#### [WHAT NEEDS TO BE DONE]
Report every line of the records that includes the word "back".

#### [RECORDS SUPPLIED]

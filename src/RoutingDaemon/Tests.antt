-- ===== src/RoutingDaemon/Tests.antt =====
-- Runs of src/electron/routing_service.ts.
use pepper_vpn_client.Common.{◌⊎◌, List, [], ◌∷◌, true, false, none, some, ◌≡◌, refl}
use pepper_vpn_client.RoutingDaemon.{
  RoutingServiceResponse, configure_routing, configure_request, reset_request, configuring,
  configured, removed, fulfilled, RoutingDaemon, new_routing_daemon, start, connected, first_data,
  receive, write_reset, stop, Event, starts, connects, stops, receives, event, run,
}
use pepper_vpn_client.RoutingDaemon.Started.{fulfilled_is_connected}

abbrev good : RoutingServiceResponse
good = record {
  action = configure_routing;
  status_code = 0;
  error_message = none;
  connection_status = 0;
}

abbrev new : RoutingDaemon
new = new_routing_daemon "1.2.3.4" false

abbrev begun : List Event
begun = starts ∷ connects ∷ receives (some good) ∷ []

begun_fulfilled : (run begun new).start_promise ≡ fulfilled
unfolding run event start connected receive first_data
begun_fulfilled = refl

fulfilled_is_connected_example :
    (((run begun new).listeners ≡ configured) × ((run begun new).socket ≡ true))
    ⊎ (((run begun new).listeners ≡ removed) × ((run begun new).disconnected ≡ true))
fulfilled_is_connected_example = fulfilled_is_connected "1.2.3.4" false begun begun_fulfilled

half_begun : (run (starts ∷ connects ∷ []) new).listeners ≡ configuring
unfolding run event start connected
half_begun = refl

abbrev stopped_twice : List Event
stopped_twice = starts ∷ connects ∷ receives (some good) ∷ stops ∷ stops ∷ []

test_stop_before_connection :
    (run (starts ∷ stops ∷ connects ∷ []) new).written
    ≡ reset_request ∷ configure_request "1.2.3.4" false ∷ []
unfolding run event start connected stop write_reset
test_stop_before_connection = refl

test_stop_after_connection :
    (run stopped_twice new).written ≡ configure_request "1.2.3.4" false ∷ reset_request ∷ []
unfolding run event start connected receive first_data stop write_reset
test_stop_after_connection = refl
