-- ===== src/Server/Connect.antt =====
-- Connecting and disconnecting: `connect` and `disconnect` of
-- src/www/app/outline_server_repository/server.ts.
use pepper_vpn_client.Common.{ℕ, Option, true, none, some, ◌≡◌, ◌↔◌, arith}
use pepper_vpn_client.Common.Exec.{Result, ok, err}
use pepper_vpn_client.Errors.{Thrown, NativeError, native_error, to_error_code}
use pepper_vpn_client.Errors.Codes.{from_error_code-eq-ok_iff, from_error_code_domain}
use pepper_vpn_client.AccessKey.{SessionConfig}
use pepper_vpn_client.Server.{
  static_connection, dynamic_connection, OutlineServer, tunnel_type, connect_error, Start,
  start_tunnel, connect, disconnect,
}

-- The configuration that a call of `connect` hands to the tunnel, if it has one.
abbrev pub config_used : Result Thrown SessionConfig → OutlineServer → Option SessionConfig
config_used fetched server = elim server.type [
  | static_connection ↦ server.session_config
  | dynamic_connection ↦ elim fetched [ ok config ↦ some config | err _ ↦ none ]
]

-- With a configuration at hand, `connect` succeeds exactly if the tunnel starts with it, under the
-- type of the configuration; the server keeps the configuration either way.
pub connect-eq-ok_iff :
    (start : Start) (fetched : Result Thrown SessionConfig) (server : OutlineServer)
    (config : SessionConfig)
    → config_used fetched server ≡ some config
    → (((connect start fetched server).1 ≡ ok tt) ↔ (start config (tunnel_type config) ≡ ok tt))
      × ((connect start fetched server).0 ≡ record server { session_config = some config })
unfolding connect start_tunnel
connect-eq-ok_iff start fetched server config used =
    ((λ h. ground arith, λ h. ground arith), ground arith)

-- A tunnel that fails with the code of a native error makes `connect` throw that error; the server
-- keeps the configuration that it tried.
pub connect_native_error :
    (start : Start) (fetched : Result Thrown SessionConfig) (server : OutlineServer)
    (config : SessionConfig) (e : NativeError) (c : ℕ)
    → config_used fetched server ≡ some config
    → to_error_code e ≡ ok c
    → start config (tunnel_type config) ≡ err (some c)
    → connect start fetched server
      ≡ (record server { session_config = some config }, err (native_error e))
unfolding connect start_tunnel connect_error
connect_native_error start fetched server config e c used code failed =
    let found = (from_error_code-eq-ok_iff c e).1 code in
    let (positive, _) = (from_error_code_domain c).0 (e, found) in ground (arith, found, positive)

-- Once the tunnel has stopped, a server is as it was before it connected, whatever the call of
-- `connect` gave, if a dynamic server started without a configuration.
pub disconnect-connect :
    (start : Start) (fetched : Result Thrown SessionConfig) (server : OutlineServer)
    → (server.type ≡ dynamic_connection → server.session_config ≡ none)
    → disconnect true (connect start fetched server).0 ≡ (server, ok tt)
unfolding connect disconnect
disconnect-connect start fetched server rest = ground arith
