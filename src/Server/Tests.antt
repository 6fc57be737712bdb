-- ===== src/Server/Tests.antt =====
-- Runs of src/www/app/outline_server_repository/server.ts.
use pepper_vpn_client.Common.{none, some, ◌≡◌, ◌↔◌, refl, str_eq, if◌then◌else◌}
use pepper_vpn_client.Common.Exec.{ok, err}
use pepper_vpn_client.AccessKey.{SessionConfig, xray}
use pepper_vpn_client.Server.{dynamic_connection, OutlineServer, Start, tunnel_type, connect}
use pepper_vpn_client.Server.Connect.{connect-eq-ok_iff}

abbrev fetched_config : SessionConfig
fetched_config = xray (record { xray_config = "{}"; host = some "h" })

abbrev server : OutlineServer
server = record {
  id = "b";
  access_key = "https://b";
  type = dynamic_connection;
  name = none;
  session_config = none;
  error_message_id = none;
}

-- A tunnel that starts for xray configurations, and finds other servers unreachable.
abbrev start : Start
start = λ config type. if str_eq type "xray" then ok tt else err (some 5)

xray_starts_iff :
    (((connect start (ok fetched_config) server).1 ≡ ok tt)
      ↔ (start fetched_config (tunnel_type fetched_config) ≡ ok tt))
    × ((connect start (ok fetched_config) server).0
        ≡ record server { session_config = some fetched_config })
xray_starts_iff = connect-eq-ok_iff start (ok fetched_config) server fetched_config refl

xray_starts : (connect start (ok fetched_config) server).1 ≡ ok tt
unfolding tunnel_type
xray_starts = xray_starts_iff.0.1 refl
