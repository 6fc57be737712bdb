-- ===== src/Settings/Stored.antt =====
-- What a restart finds of the settings: src/www/app/settings.ts.
use pepper_vpn_client.Common.{String, true, some, ◌≡◌, arith, eq_refl}
use pepper_vpn_client.Common.Map
use pepper_vpn_client.Common.Map.{Entries, get-set, get-remove}
use pepper_vpn_client.Common.Distinct.{IsDistinct, set_all_empty, set-IsDistinct, remove-IsDistinct}
use pepper_vpn_client.Common.Exec.{Result, ok}
use pepper_vpn_client.Common.Text.{is_truthy}
use pepper_vpn_client.Settings.{
  Settings, SettingsJson, storage_key, is_valid_setting, store_settings, set, remove, load_settings,
}

-- The calls that change the settings.
pub data Call : Type 0 where
  set_to : String → String → Call
  removed : String → Call

module _ (json : SettingsJson) where
  -- a call, and whether it throws
  abbrev pub run : Call → Settings → Settings × Result String (Unit {0})
  run (set_to key value) s = set json key value s
  run (removed key) s = (remove json key s, ok tt)

  load-store_settings :
      (s : Settings)
      → IsDistinct s.settings
      → is_truthy (some (json.stringify s.settings)) ≡ true
      → json.parse (json.stringify s.settings) ≡ ok s.settings
      → load_settings json (store_settings json s).storage s.valid_keys ≡ ok (store_settings json s)
  unfolding load_settings store_settings
  load-store_settings s distinct text back = ground (
    arith,
    get-set s.storage storage_key storage_key (json.stringify s.settings),
    eq_refl storage_key,
    set_all_empty s.settings distinct,
  )

  -- After any call that does not throw, from settings with distinct keys, the keys are distinct
  -- again, and a restart that reads back what was stored, a text that is not of length 0, finds the
  -- same settings.
  pub load-run_settings :
      (call : Call) (s : Settings)
      → IsDistinct s.settings
      → (run call s).1 ≡ ok tt
      → is_truthy (some (json.stringify (run call s).0.settings)) ≡ true
      → json.parse (json.stringify (run call s).0.settings) ≡ ok (run call s).0.settings
      → IsDistinct (run call s).0.settings
        × (load_settings json (run call s).0.storage s.valid_keys ≡ ok (run call s).0)
  unfolding set remove store_settings
  load-run_settings (set_to key value) s distinct works text back =
      let valid : is_valid_setting s.valid_keys key ≡ true = ground arith in
      let s' = record s { settings = Map.set s.settings key value } in
      let state : (set json key value s).0 ≡ store_settings json s' = rw (valid, set) in
      let d = set-IsDistinct s.settings key value distinct in
      rw state (d, load-store_settings s' d (rw state at text) (rw state at back))
  load-run_settings (removed key) s distinct works text back =
      let s' = record s { settings = Map.remove s.settings key } in
      let d = remove-IsDistinct s.settings key distinct in (d, load-store_settings s' d text back)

#### [SOLVED PROBLEM]
  load-store_settings s distinct text back = ground (
  -- again, and a restart that reads back what was stored, a text that is not of length 0, finds the
  load-run_settings (set_to key value) s distinct works text back =
      rw state (d, load-store_settings s' d (rw state at text) (rw state at back))
  load-run_settings (removed key) s distinct works text back =
      let d = remove-IsDistinct s.settings key distinct in (d, load-store_settings s' d text back)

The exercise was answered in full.